Весной 1953 г. до нас дошли слухи, что умер товарищ Сталин (он так и сказал, ведь до XX съезда оставалось тогда еще больше года.— 3. К.). Ни газет, ни радио у заключенных, конечно, не было, но об аресте Берии, которого мы считали главным виновником наших несчастий, мы все же узнали и стали надеяться на перемены. И вот двое суток назад меня неожиданно выпустили, дали справку о досрочном освобождении, а на аэродроме мы случайно встретились с Борисом. Ваш рассказ о событиях в Москве нас и обрадовал, и взволновал: раз уж молодежь так смело заговорила, значит, пошли большие перемены. И все-таки прошу тебя, дорогой товарищ, будь поосторожнее…

Мог ли я думать, что через несколько лет прочту книгу, на страницах которой увижу «моего» кавторанга — настолько похожи все кавторанги страны, попавшие в лютую переделку, на героя «Одного дня Ивана Денисовича», капитана второго ранга Буйновского (в реальной жизни, кажется, Бурковского)! И нет ни малейшей разницы, где страдали люди со званиями и без оных, на Колыме или в Воркуте, в Норильске или Джезказгане, на Соловках или в Караганде. Главное, что из книги А. И.

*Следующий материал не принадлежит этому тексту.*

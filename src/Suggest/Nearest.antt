-- ===== src/Suggest/Nearest.antt =====
-- `nearest_name` of src/parser.rs: the candidates' keys and their order.
use aipl.Base.{
  ℕ, suc, ◌≤◌, ◌<◌, leb, ltb, ◌==◌, Bool, true, false, ◌&&◌, Option, none, some, List, [], ◌∷◌,
  length, All, if◌then◌else◌, ◌≡◌, ◌⊎◌, inl, inr, refl, subst, arith, Bool-cases,
}
use aipl.Base.Tests.{leb→le}
use aipl.Suggest.{edit_distance}

unfoldable pub same_bytes : List ℕ → List ℕ → Bool
same_bytes [] [] = true
same_bytes (x ∷ a) (y ∷ b) = x == y && same_bytes a b
same_bytes _ _ = false

-- `replace('_', "")`.
unfoldable pub squeeze : List ℕ → List ℕ
squeeze [] = []
squeeze (x ∷ a) = let rest = squeeze a in if x == b'_' then rest else x ∷ rest

-- How many bytes two names begin with alike.
unfoldable pub shared : List ℕ → List ℕ → ℕ
shared (x ∷ a) (y ∷ b) = let more = suc (shared a b) in if x == y then more else 0
shared _ _ = 0

-- The order of texts.
unfoldable pub bytes_le : List ℕ → List ℕ → Bool
bytes_le [] b = true
bytes_le (x ∷ a) [] = false
bytes_le (x ∷ a) (y ∷ b) = let later = bytes_le a b in if x == y then later else ltb x y

-- What candidates are compared by: the closest, then the one that begins more alike, then the first.
pub record Key : Type 0 where
  pub distance : ℕ
  pub alike : ℕ
  pub candidate : List ℕ

unfoldable pub key_le : Key → Key → Bool
key_le a b =
    if ltb a.distance b.distance
    then true
    else if ltb b.distance a.distance
    then false
    else if ltb b.alike a.alike
    then true
    else if ltb a.alike b.alike
    then false
    else bytes_le a.candidate b.candidate

unfoldable pub key_of : List ℕ → List ℕ → Key
key_of name c = record {
  distance = edit_distance (squeeze name) (squeeze c);
  alike = shared name c;
  candidate = c;
}

-- The keys of the other names that are near enough.
unfoldable pub near_keys : ℕ → List ℕ → List (List ℕ) → List Key
near_keys limit name [] = []
near_keys limit name (c ∷ cs) =
    let rest = near_keys limit name cs in
    let k = key_of name c in
    if same_bytes c name then rest else if leb k.distance limit then k ∷ rest else rest

-- `min()`: of equal keys the first.
unfoldable pub least : List Key → Option Key
least [] = none
least (k ∷ ks) = elim (least ks) [ none ↦ some k | some m ↦ if key_le k m then some k else some m ]

-- The edits allowed for a name of so many bytes.
unfoldable pub edits_allowed : ℕ → Option ℕ
edits_allowed n = if leb n 2 then none else if leb n 5 then some 1 else some 2

unfoldable pub nearest_name : List ℕ → List (List ℕ) → Option (List ℕ)
nearest_name name cs = elim (edits_allowed (length (squeeze name))) [
  | none ↦ none
  | some limit ↦ elim (least (near_keys limit name cs)) [ none ↦ none | some k ↦ some k.candidate ]
]

abbrev pub distance_to : List ℕ → List ℕ → ℕ
distance_to name c = (key_of name c).distance

abbrev pub In : List ℕ → List (List ℕ) → Type 0
In c [] = ⊥
In c (x ∷ cs) = (c ≡ x) ⊎ In c cs

-- The name itself, or farther away than the limit.
abbrev Far : ℕ → List ℕ → List ℕ → Type 0
Far limit name o = (same_bytes o name ≡ true) ⊎ (limit < distance_to name o)

-- The name itself, or no nearer.
abbrev Farther : ℕ → List ℕ → List ℕ → Type 0
Farther d name o = (same_bytes o name ≡ true) ⊎ (d ≤ distance_to name o)

-- What a choice among the candidates is to be.
abbrev pub Nearest : ℕ → List ℕ → List (List ℕ) → Option Key → Type 0
Nearest limit name cs none = All (Far limit name) cs
Nearest limit name cs (some k) =
    In k.candidate cs
    × (same_bytes k.candidate name ≡ false)
    × (k.distance ≡ distance_to name k.candidate)
    × (k.distance ≤ limit)
    × All (Farther k.distance name) cs

All-map :
    {P Q : List ℕ → Type 0} (cs : List (List ℕ)) → ((c : List ℕ) → P c → Q c) → All P cs → All Q cs
All-map [] f h = tt
All-map (c ∷ cs) f (h, hs) = (f c h, All-map cs f hs)

closer :
    (d e : ℕ) (name : List ℕ) (cs : List (List ℕ))
    → d ≤ e
    → All (Farther e name) cs
    → All (Farther d name) cs
closer d e name cs h =
    All-map cs (λ o far. elim far [ inl same ↦ inl same | inr f ↦ inr (omega arith) ])

-- Another candidate that is the name itself, or too far.
skip :
    (limit : ℕ) (name c : List ℕ) (cs : List (List ℕ)) (o : Option Key)
    → (same_bytes c name ≡ true) ⊎ (limit < distance_to name c)
    → Nearest limit name cs o
    → Nearest limit name (c ∷ cs) o
skip limit name c cs none far h = (far, h)
skip limit name c cs (some k) far (there, other, exact, near, rest) = (
  inr there,
  other,
  exact,
  near,
  ((elim far [ inl same ↦ inl same | inr l ↦ inr (omega arith) ]), rest),
)

key_le-le : (a b : Key) → key_le a b ≡ true → a.distance ≤ b.distance
unfolding key_le
key_le-le a b h = ground arith

key_le-ge : (a b : Key) → key_le a b ≡ false → b.distance ≤ a.distance
unfolding key_le
key_le-ge a b h = ground arith

further :
    (limit d : ℕ) (name : List ℕ) (cs : List (List ℕ))
    → d ≤ limit
    → All (Far limit name) cs
    → All (Farther d name) cs
further limit d name cs h =
    All-map cs (λ o far. elim far [ inl same ↦ inl same | inr f ↦ inr (omega arith) ])

-- A candidate that is near enough.
chosen :
    (limit : ℕ) (name c : List ℕ) (cs : List (List ℕ)) (o : Option Key)
    → same_bytes c name ≡ false
    → distance_to name c ≤ limit
    → Nearest limit name cs o
    → Nearest limit name (c ∷ cs) (elim o [
      | none ↦ some (key_of name c)
      | some m ↦ if key_le (key_of name c) m then some (key_of name c) else some m
    ])
unfolding key_of
chosen limit name c cs none other near h =
    (inl refl, other, refl, near, (inr (omega arith), further limit _ name cs near h))
chosen limit name c cs (some m) other near (there, other', exact, near', rest) =
    elim (Bool-cases (key_le (key_of name c) m)) [
      | inl e ↦ rw e (
        inl refl,
        other,
        refl,
        near,
        (inr (omega arith), closer _ m.distance name cs (key_le-le (key_of name c) m e) rest),
      )
      | inr e ↦ rw e (inr there, other', exact, near', (inr (key_le-ge (key_of name c) m e), rest))
    ]

-- Among the candidates for a name, the least key is that of one other than the name, within the limit
-- of edits, than which no other is nearer; there is none where every other is farther than the limit.
least-Nearest :
    (limit : ℕ) (name : List ℕ) (cs : List (List ℕ))
    → Nearest limit name cs (least (near_keys limit name cs))
unfolding least near_keys
least-Nearest limit name [] = tt
least-Nearest limit name (c ∷ cs) =
    let ih = least-Nearest limit name cs in
    elim (Bool-cases (same_bytes c name)) [
      | inl e ↦ rw e (skip limit name c cs _ (inl e) ih)
      | inr e ↦ elim (Bool-cases (leb (distance_to name c) limit)) [
        | inl near ↦
            rw (e, near) (chosen limit name c cs _ e (leb→le (distance_to name c) limit near) ih)
        | inr far ↦ rw (e, far) (skip limit name c cs _ (inr (ground arith)) ih)
      ]
    ]

-- What a name suggested for `name` is to be.
abbrev pub Names : ℕ → List ℕ → List (List ℕ) → Option (List ℕ) → Type 0
Names limit name cs none = All (Far limit name) cs
Names limit name cs (some c) =
    In c cs
    × (same_bytes c name ≡ false)
    × (distance_to name c ≤ limit)
    × All (Farther (distance_to name c) name) cs

Nearest-Names :
    (limit : ℕ) (name : List ℕ) (cs : List (List ℕ)) (o : Option Key)
    → Nearest limit name cs o
    → Names limit name cs (elim o [ none ↦ none | some k ↦ some k.candidate ])
Nearest-Names limit name cs none h = h
Nearest-Names limit name cs (some k) (there, other, exact, near, rest) = (
  there,
  other,
  subst (λ d. d ≤ limit) exact near,
  subst (λ d. All (Farther d name) cs) exact rest,
)

-- For a name that is long enough for a suggestion, the candidate suggested is one other than the name,
-- within the edits allowed, than which no other is nearer; there is none where every candidate but the
-- name is farther than the edits allowed.
pub nearest_name-Names :
    (limit : ℕ) (name : List ℕ) (cs : List (List ℕ))
    → edits_allowed (length (squeeze name)) ≡ some limit
    → Names limit name cs (nearest_name name cs)
unfolding nearest_name
nearest_name-Names limit name cs h =
    rw (h, nearest_name, Names)
      (Nearest-Names limit name cs (least (near_keys limit name cs)) (least-Nearest limit name cs))
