-- ===== src/Suggest/Tests.antt =====
-- Suggestions at concrete names.
use aipl.Base.{ℕ, ◌≡◌, refl, some, none, List, [], ◌∷◌, length}
use aipl.Suggest.{first_row, next_row, rows, last_entry, edit_distance}
use aipl.Suggest.Distance.{levenshtein, reversed, edit_distance-levenshtein}
use aipl.Suggest.Nearest.{
  same_bytes, squeeze, shared, bytes_le, key_le, key_of, near_keys, least, edits_allowed,
  nearest_name, Names, nearest_name-Names,
}

abbrev lenght : List ℕ
lenght = b'l' ∷ b'e' ∷ b'n' ∷ b'g' ∷ b'h' ∷ b't' ∷ []

abbrev length_name : List ℕ
length_name = b'l' ∷ b'e' ∷ b'n' ∷ b'g' ∷ b't' ∷ b'h' ∷ []

abbrev set_name : List ℕ
set_name = b's' ∷ b'e' ∷ b't' ∷ []

-- A swap of two letters is two edits.
swapped : edit_distance lenght length_name ≡ 2
unfolding edit_distance first_row next_row rows last_entry
swapped = refl

dropped : edit_distance set_name (b's' ∷ b't' ∷ []) ≡ 1
unfolding edit_distance first_row next_row rows last_entry
dropped = refl

-- `set` is `set!`, not `get`; both are one edit away.
alike_wins :
    nearest_name set_name ((b'g' ∷ b'e' ∷ b't' ∷ []) ∷ (b's' ∷ b'e' ∷ b't' ∷ b'!' ∷ []) ∷ [])
    ≡ some (b's' ∷ b'e' ∷ b't' ∷ b'!' ∷ [])
unfolding nearest_name edits_allowed least near_keys key_of key_le squeeze shared same_bytes
    bytes_le edit_distance first_row next_row rows last_entry
alike_wins = refl

-- `lt_u` is `ltu`, and a name of two bytes gets no suggestion.
underscores :
    nearest_name (b'l' ∷ b't' ∷ b'_' ∷ b'u' ∷ []) ((b'l' ∷ b't' ∷ b'u' ∷ []) ∷ [])
    ≡ some (b'l' ∷ b't' ∷ b'u' ∷ [])
unfolding nearest_name edits_allowed least near_keys key_of key_le squeeze shared same_bytes
    bytes_le edit_distance first_row next_row rows last_entry
underscores = refl

too_short : nearest_name (b'l' ∷ b't' ∷ []) ((b'l' ∷ b'e' ∷ []) ∷ []) ≡ none
unfolding nearest_name edits_allowed squeeze
too_short = refl

edit_distance-levenshtein_example :
    edit_distance lenght length_name ≡ levenshtein (reversed [] lenght) (reversed [] length_name)
edit_distance-levenshtein_example = edit_distance-levenshtein lenght length_name

lenght_allowed : edits_allowed (length (squeeze lenght)) ≡ some 2
unfolding edits_allowed squeeze
lenght_allowed = refl

nearest_name-Names_example :
    Names 2 lenght
      (set_name ∷ length_name ∷ lenght ∷ [])
      (nearest_name lenght (set_name ∷ length_name ∷ lenght ∷ []))
nearest_name-Names_example =
    nearest_name-Names 2 lenght (set_name ∷ length_name ∷ lenght ∷ []) lenght_allowed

Солженицына мы узнали о существовании таких «зон» и таких людей, имя которым — миллион. Впрочем, это ведь лишь только говорится в единственном числе: «миллион», на самом-то деле их были миллионы.

Говорят, мы мелко пашем,

Оступаясь и скользя…

На природной почве нашей

Глубже и пахать нельзя:

Мы ведь пашем на погосте,

Разрыхляем верхний слой.

Мы задеть боимся кости,

Чуть прикрытые землей.

Эти стихи написал Варлам Тихонович Шаламов, проведший более полутора десятилетий в лагерях Колымы (в дальнейшем я еще буду цитировать шаламовские строки). Поэт называл Лагерный Север страной «морозов и мужчин и преждевременных морщин», что справедливо лишь отчасти, если вспомнить, сколько женщин было загублено в той стране… XX съезд вернул к жизни тех, кто не успел погибнуть, он возвратил честь и достоинство невинно репрессированным. «И станут возрождаться имена, как будто возвращенные из плена» — эта строка поэтессы Вероники Долиной как нельзя лучше говорит о тех, чьи фамилии начали занимать подобающее им место на страницах истории. В том числе — истории Советской Арктики.